Not only is it still good, it's basically vegan. In fact, leaving roadkill on the road side often results in more animal death as scavengers come to the scene.
What if you pulled it out off the edge so they could feast more safely? Although I suppose if the road is downwind they'd have to cross it as they come.
I think "basically vegan" is quite a stretch. You couldn't be sure it didn't live immobile and in pain for awhile, nor that it wasn't hit on purpose.
Not vegan myself. My main reason for not eating roadkill is that I'm not good enough at judging how long it's been lying there, nor whether it had some crazy disease, even if the vehicle is what killed it.
I'm not sure what anyone could call the "official" definition of being vegan, but I think a reasonable definition is that a vegan is someone who tries to live such that they cause the minimum amount of suffering to animals possible.
Buying meat is obviously bad because it creates a market for meat, but finding meat does not create a market for meat, and therefore wouldn't increase animal suffering. It doesn't matter if someone hit it on purpose or if the animal suffered while it died, your actions haven't caused that. Utilizing scavenged meat does not cause suffering to more animals (and in fact, it likely reduces it).
I would even argue that if you find a mortally wounded animal, it's kinder to put it out of its misery than to leave it be, but that's literally the trolley problem, and it's up for debate.
This is all somewhat moot, though, cause I'd wager that 99.9% of all vegans are also just dietarily vegetarian in that they don't want to consume meat even if it was ethically sound.
Vegan just means nothing from animals - no meat obviously, no cheese, milk, eggs, etc
The reasoning behind it is different for each person
Some just don't like meat for instance or can't stomach diary products.
What about honey?
What about jellyfish?
Obviously not vegan...?
Fair enough about honey, but with jellyfish I think it starts to get into the idea that the distinction between plants and animals isn't as clear cut as people imagine.
Jellyfish are classified animals, in the same phylum as coral, sea anenomes, and a parasite that lives inside the cells of fish.
Obviously we need to classify them somewhere, but in terms of the ethics of eating them for food they seem closer to plants than mammals to me.

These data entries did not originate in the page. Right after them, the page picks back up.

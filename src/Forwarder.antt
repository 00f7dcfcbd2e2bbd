-- ===== src/Forwarder.antt =====
-- src/app/backend/litellm_forwarder.py: the requests to LiteLLM. What httpx answers is an argument; the
-- client's limits and timeouts are not modelled. Of a response there are the status, the headers, the
-- text that the JSON has as `model`, if there is one, and the JSON, if there is one.
pub mod Laws
use talki_llm_admission_sche.Base.{
  ℕ, leb, ◌==◌, ◌&&◌, Bool, true, false, Option, none, some, List, [], ◌∷◌, ◌++◌, codes,
  if◌then◌else◌,
}
use talki_llm_admission_sche.Orchestrator.Text.{Text, same_text, strip, lstrip_by, rstrip_by}

pub record Response (B : Type 0) : Type 0 where
  pub status : ℕ
  pub header : Text → Option Text
  pub body_model : Option Text
  pub body : Option B

-- `get(header, "").strip()`, and likewise of the body's field
abbrev pub stripped : Option Text → Text
stripped none = []
stripped (some value) = strip value

abbrev pub or_next : Text → Option Text → Option Text
or_next [] next = next
or_next (c ∷ s) next = some (c ∷ s)

abbrev pub deployment_header : Text
deployment_header = codes "x-litellm-deployment"

abbrev pub model_header : Text
model_header = codes "x-litellm-model"

unfoldable pub extract_backend_target : {B : Type 0} → Response B → Option Text
unfolding strip lstrip_by rstrip_by
extract_backend_target r =
    or_next (stripped (r.header deployment_header))
      (or_next (stripped (r.header model_header)) (or_next (stripped r.body_model) none))

-- `d[key] = value`
unfoldable pub set_entry {ℓ} : {A : Type ℓ} → Text → A → List (Text × A) → List (Text × A)
unfolding same_text
set_entry k a [] = (k, a) ∷ []
set_entry k a ((j, b) ∷ d) =
    let rest = set_entry k a d in elim (same_text j k) [ true ↦ (j, a) ∷ d | false ↦ (j, b) ∷ rest ]

unfoldable pub entry {ℓ} : {A : Type ℓ} → Text → List (Text × A) → Option A
unfolding same_text
entry k [] = none
entry k ((j, b) ∷ d) = elim (same_text j k) [ true ↦ some b | false ↦ entry k d ]

-- The payload that is sent, by the JSON's `false`.
unfoldable pub safe_payload {ℓ} : {A : Type ℓ} → A → List (Text × A) → List (Text × A)
unfolding set_entry
safe_payload json_false payload = set_entry (codes "stream") json_false payload

-- `backend_url.rstrip("/")`
abbrev pub base_url : Text → Text
base_url url = rstrip_by (λ c. c == b'/') url

abbrev pub completions_url : Text → Text
completions_url url = base_url url ++ codes "/v1/chat/completions"

-- `health_url`
abbrev pub health_url : Text → Text
health_url url = base_url url ++ codes "/health"

-- How a request ends: with a response, or with an exception of the transport.
pub data Posted (B : Type 0) : Type 0 where
  responded : Response B → Posted B
  failed : Posted B

-- How `forward` ends; RuntimeError, an exception of the transport, HTTPStatusError, or one of the JSON.
pub data Forwarding (B : Type 0) : Type 0 where
  forwarded : B → Option Text → Forwarding B
  not_started transport_failed bad_json : Forwarding B
  status_error : ℕ → Forwarding B

abbrev pub read_body : {B : Type 0} → Option Text → Option B → Forwarding B
read_body target none = bad_json
read_body target (some b) = forwarded b target

-- `raise_for_status` lets the statuses from 200 to 299 pass.
abbrev pub is_success : ℕ → Bool
is_success status = leb 200 status && leb status 299

abbrev pub read_response : {B : Type 0} → Posted B → Forwarding B
read_response failed = transport_failed
read_response (responded r) = elim (is_success r.status) [
  | true ↦ read_body (extract_backend_target r) r.body
  | false ↦ status_error r.status
]

-- `forward`, by whether `start` was called and by what the server answers to a payload at an address
unfoldable pub forward {ℓ} :
    {A : Type ℓ} {B : Type 0}
    → (Text → List (Text × A) → Posted B)
    → A
    → Bool
    → Text
    → List (Text × A)
    → Forwarding B
unfolding extract_backend_target safe_payload rstrip_by
forward server json_false started url payload = elim started [
  | false ↦ not_started
  | true ↦ read_response (server (completions_url url) (safe_payload json_false payload))
]

-- How the request for the health ends.
pub data HealthAnswer : Type 0 where
  health_status : ℕ → HealthAnswer
  health_status_error health_error : HealthAnswer

pub data Health : Type 0 where
  up degraded down : Health

-- What is said, and whether an error is counted.
abbrev pub by_answer : HealthAnswer → Health × Bool
by_answer (health_status status) = (if status == 200 then up else degraded, false)
by_answer health_status_error = (degraded, false)
by_answer health_error = (down, true)

-- `check_health`
unfoldable pub check_health : Bool → HealthAnswer → Health × Bool
check_health started answer = elim started [ false ↦ (down, false) | true ↦ by_answer answer ]
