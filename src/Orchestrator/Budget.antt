-- ===== src/Orchestrator/Budget.antt =====
-- orchestrator/budget.py: the tokens that a role may use in a day, counted in Redis, each command of which
-- may be refused or lost. A Redis of its own, by key the total (0 when there is no key) and whether the
-- key expires; that a key expires after 48 hours is not modelled.
pub mod Ledger
pub mod Refinement
pub mod Calls
use talki_llm_admission_sche.Base.{
  ℕ, ◌==◌, Bool, true, false, Option, none, some, codes, ◌++◌, if◌then◌else◌,
}
use talki_llm_admission_sche.Base.Int.{ℤ, pos, ◌+ℤ◌, ◌-ℤ◌, ltb_ℤ}
use talki_llm_admission_sche.Orchestrator.Text.{Text, same_text}

-- How a command ends: it is done; or there is RedisConnectionError or RedisTimeoutError, and it was not
-- done; or there is one of these and it was done.
pub data Fate : Type 0 where
  done refused lost : Fate

pub record Store : Type 0 where
  pub total : Text → ℤ
  pub expires : Text → Bool

abbrev pub put {ℓ} : {A : Type ℓ} → (Text → A) → Text → A → Text → A
put f key a k = if same_text k key then a else f k

abbrev pub raised : Store → Text → ℤ → Store
raised st key n = record { total = put st.total key (st.total key +ℤ n); expires = st.expires }

-- INCRBY, and the new total if there is an answer
unfoldable pub incrby : Fate → Text → ℤ → Store → Option ℤ × Store
unfolding same_text
incrby done key n st = (some (st.total key +ℤ n), raised st key n)
incrby refused key n st = (none, st)
incrby lost key n st = (none, raised st key n)

abbrev pub expiring : Store → Text → Store
expiring st key = record { total = st.total; expires = put st.expires key true }

-- EXPIRE, and whether there is an answer
unfoldable pub expire : Fate → Text → Store → Bool × Store
unfolding same_text
expire done key st = (true, expiring st key)
expire refused key st = (false, st)
expire lost key st = (false, expiring st key)

-- `_key`, with the date in ISO format
abbrev pub token_key : Text → Text → Text
token_key role_name iso = codes "kola:tokens:" ++ role_name ++ codes ":" ++ iso

pub record Reservation : Type 0 where
  pub key : Text
  pub reserved : ℕ

-- A reservation, or BudgetExceeded or BudgetUnavailable.
pub data Granting : Type 0 where
  granted : Reservation → Granting
  exceeded unavailable : Granting

-- The comparison with the cap, and the rollback, whose failure is passed over.
abbrev pub by_total : Fate → Text → ℤ → ℕ → ℤ → Store → Granting × Store
by_total f key cap expected new_total st = elim (ltb_ℤ cap new_total) [
  | true ↦ (exceeded, (incrby f key (pos 0 -ℤ pos expected) st).1)
  | false ↦ (granted (record { key = key; reserved = expected }), st)
]

abbrev pub by_expiry : Fate → Text → ℤ → ℕ → ℤ → Bool × Store → Granting × Store
by_expiry f key cap expected new_total (true, st) = by_total f key cap expected new_total st
by_expiry f key cap expected new_total (false, st) = (unavailable, st)

abbrev pub by_increment : Fate → Fate → Text → ℤ → ℕ → Option ℤ × Store → Granting × Store
by_increment f g key cap expected (none, st) = (unavailable, st)
by_increment f g key cap expected (some new_total, st) =
    by_expiry g key cap expected new_total (expire f key st)

-- `check_and_reserve`, by how its commands end
unfoldable pub check_and_reserve : Fate → Fate → Fate → Text → ℤ → ℕ → Store → Granting × Store
unfolding incrby expire
check_and_reserve f g h key cap expected st =
    by_increment g h key cap expected (incrby f key (pos expected) st)

-- `commit`
unfoldable pub commit : Fate → Reservation → ℕ → Store → Store
unfolding incrby
commit f r actual st = elim (actual == r.reserved) [
  | true ↦ st
  | false ↦ (incrby f r.key (pos actual -ℤ pos r.reserved) st).1
]

-- `remaining`
unfoldable pub remaining : Text → ℤ → Store → ℤ
remaining key cap st = cap -ℤ st.total key
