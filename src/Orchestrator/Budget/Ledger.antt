-- ===== src/Orchestrator/Budget/Ledger.antt =====
-- The tokens of one role and one day, as many agents reserve and commit them at once: what the code's
-- commands do to them, and what is never exceeded.
use talki_llm_admission_sche.Base.{ℕ, ◌+◌, ◌-◌, leb, ◌≡◌, if◌then◌else◌, arith}
use talki_llm_admission_sche.Base.Int.{ℤ, pos, ◌+ℤ◌, ◌-ℤ◌, ◌≤ℤ◌, +ℤ_parts, -ℤ_parts}

-- The total of the key, the sum of the reservations that are granted and not committed, the tokens used
-- (each call's up to its reservation), what calls used beyond their reservations, and the sum of what
-- was added and not granted.
pub record Book : Type 0 where
  pub total : ℤ
  pub held : ℕ
  pub used : ℕ
  pub excess : ℕ
  pub over : ℕ

abbrev pub least : ℕ → ℕ → ℕ
least a b = if leb a b then a else b

-- One command of one agent.
pub data Step (limit : ℤ) : Book → Book → Type 0 where
  -- a reservation within the cap
  reserves :
      (b : Book) (n : ℕ)
      → (b.total +ℤ pos n) ≤ℤ limit
      → Step limit b (record b { total = b.total +ℤ pos n; held = n + b.held })
  -- an addition that is not granted, as it is beyond the cap or its answer or its expiry is missing
  adds :
      (b : Book) (n : ℕ) → Step limit b (record b { total = b.total +ℤ pos n; over = n + b.over })
  -- the rollback of one
  takes_back :
      (b : Book) (n o : ℕ)
      → b.over ≡ n + o
      → Step limit b (record b { total = b.total +ℤ (pos 0 -ℤ pos n); over = o })
  -- a commit that is done, and one that is not
  commits :
      (b : Book) (n h actual : ℕ)
      → b.held ≡ n + h
      → Step limit b (record b {
        total = b.total +ℤ (pos actual -ℤ pos n);
        held = h;
        used = b.used + least actual n;
        excess = b.excess + (actual - n);
      })
  forgets :
      (b : Book) (n h actual : ℕ)
      → b.held ≡ n + h
      → Step limit b
          (record b { held = h; used = b.used + least actual n; excess = b.excess + (actual - n) })

pub data Reach (limit : ℤ) : Book → Book → Type 0 where
  here : (b : Book) → Reach limit b b
  after : {a b c : Book} → Step limit a b → Reach limit b c → Reach limit a c

-- The total counts at least what is held, used and not granted; and what is held and used is within the
-- cap.
pub record IsKept (limit : ℤ) (b : Book) : Type 0 where
  pub counted : pos (b.held + b.used + b.over) ≤ℤ b.total
  pub within : pos (b.held + b.used) ≤ℤ limit

Step-IsKept : (limit : ℤ) {a b : Book} → Step limit a b → IsKept limit a → IsKept limit b
Step-IsKept limit (reserves b n h) k = record {
  counted = ground (arith, +ℤ_parts b.total (pos n), k.counted);
  within = ground (arith, +ℤ_parts b.total (pos n), k.counted, h);
}
Step-IsKept limit (adds b n) k = record {
  counted = ground (arith, +ℤ_parts b.total (pos n), k.counted);
  within = k.within;
}
Step-IsKept limit (takes_back b n o e) k = record {
  counted =
      ground (arith, +ℤ_parts b.total (pos 0 -ℤ pos n), -ℤ_parts (pos 0) (pos n), k.counted, e);
  within = k.within;
}
Step-IsKept limit (commits b n h actual e) k = record {
  counted =
      ground (
        arith,
        +ℤ_parts b.total (pos actual -ℤ pos n),
        -ℤ_parts (pos actual) (pos n),
        k.counted,
        e,
      );
  within = ground (arith, k.within, e);
}
Step-IsKept limit (forgets b n h actual e) k = record {
  counted = ground (arith, k.counted, e);
  within = ground (arith, k.within, e);
}

-- However the reservations, rollbacks and commits of agents interleave, and whichever of them Redis
-- refuses or loses: if at first the total counts what is held and used and this is within the cap, then
-- so it is ever after. What the calls use is beyond the limit at most by what they use beyond their
-- reservations.
pub reach-IsKept : (limit : ℤ) {a b : Book} → Reach limit a b → IsKept limit a → IsKept limit b
reach-IsKept limit (here b) k = k
reach-IsKept limit (after s r) k = reach-IsKept limit r (Step-IsKept limit s k)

After all plants can also communicate, and respond to stimuli including sending out warning signals when they're being eaten (are they suffering? No way of knowing, consciousnessis not well defined).
Personally, honey is for me less an animal, because it's an animal product
Jellyfish is an animal in itself
But to be honest, I'm a carnivore, so I'm just talking out of my ass and anyone else can probably give more educated answers
Edit: and as far as I understand, it's not about mammals, it's just if it lives.
For me the border is also hard to draw, because, as you say, plants communicate and seem to feel stress (which could be interpreted as pain)
It's a personal thing anyway.
Edit 2: there are also grades of vegetarian/veganism
Like only eating fruits/nuts, that already dropped from the living plant. Which would probably the most strict and consistent philosophy.
But food is always also a psychological thing.
I went for raw vegan food for some time (until mandatory military killed my diet), and all my allergies were gone
But a friend of mine was starving on the same diet and looked like shit.
Everyone is different...
Hmmm...Shoplifting meat doesn't create a market, in fact it discourages the market from carrying meat because they lose money on it....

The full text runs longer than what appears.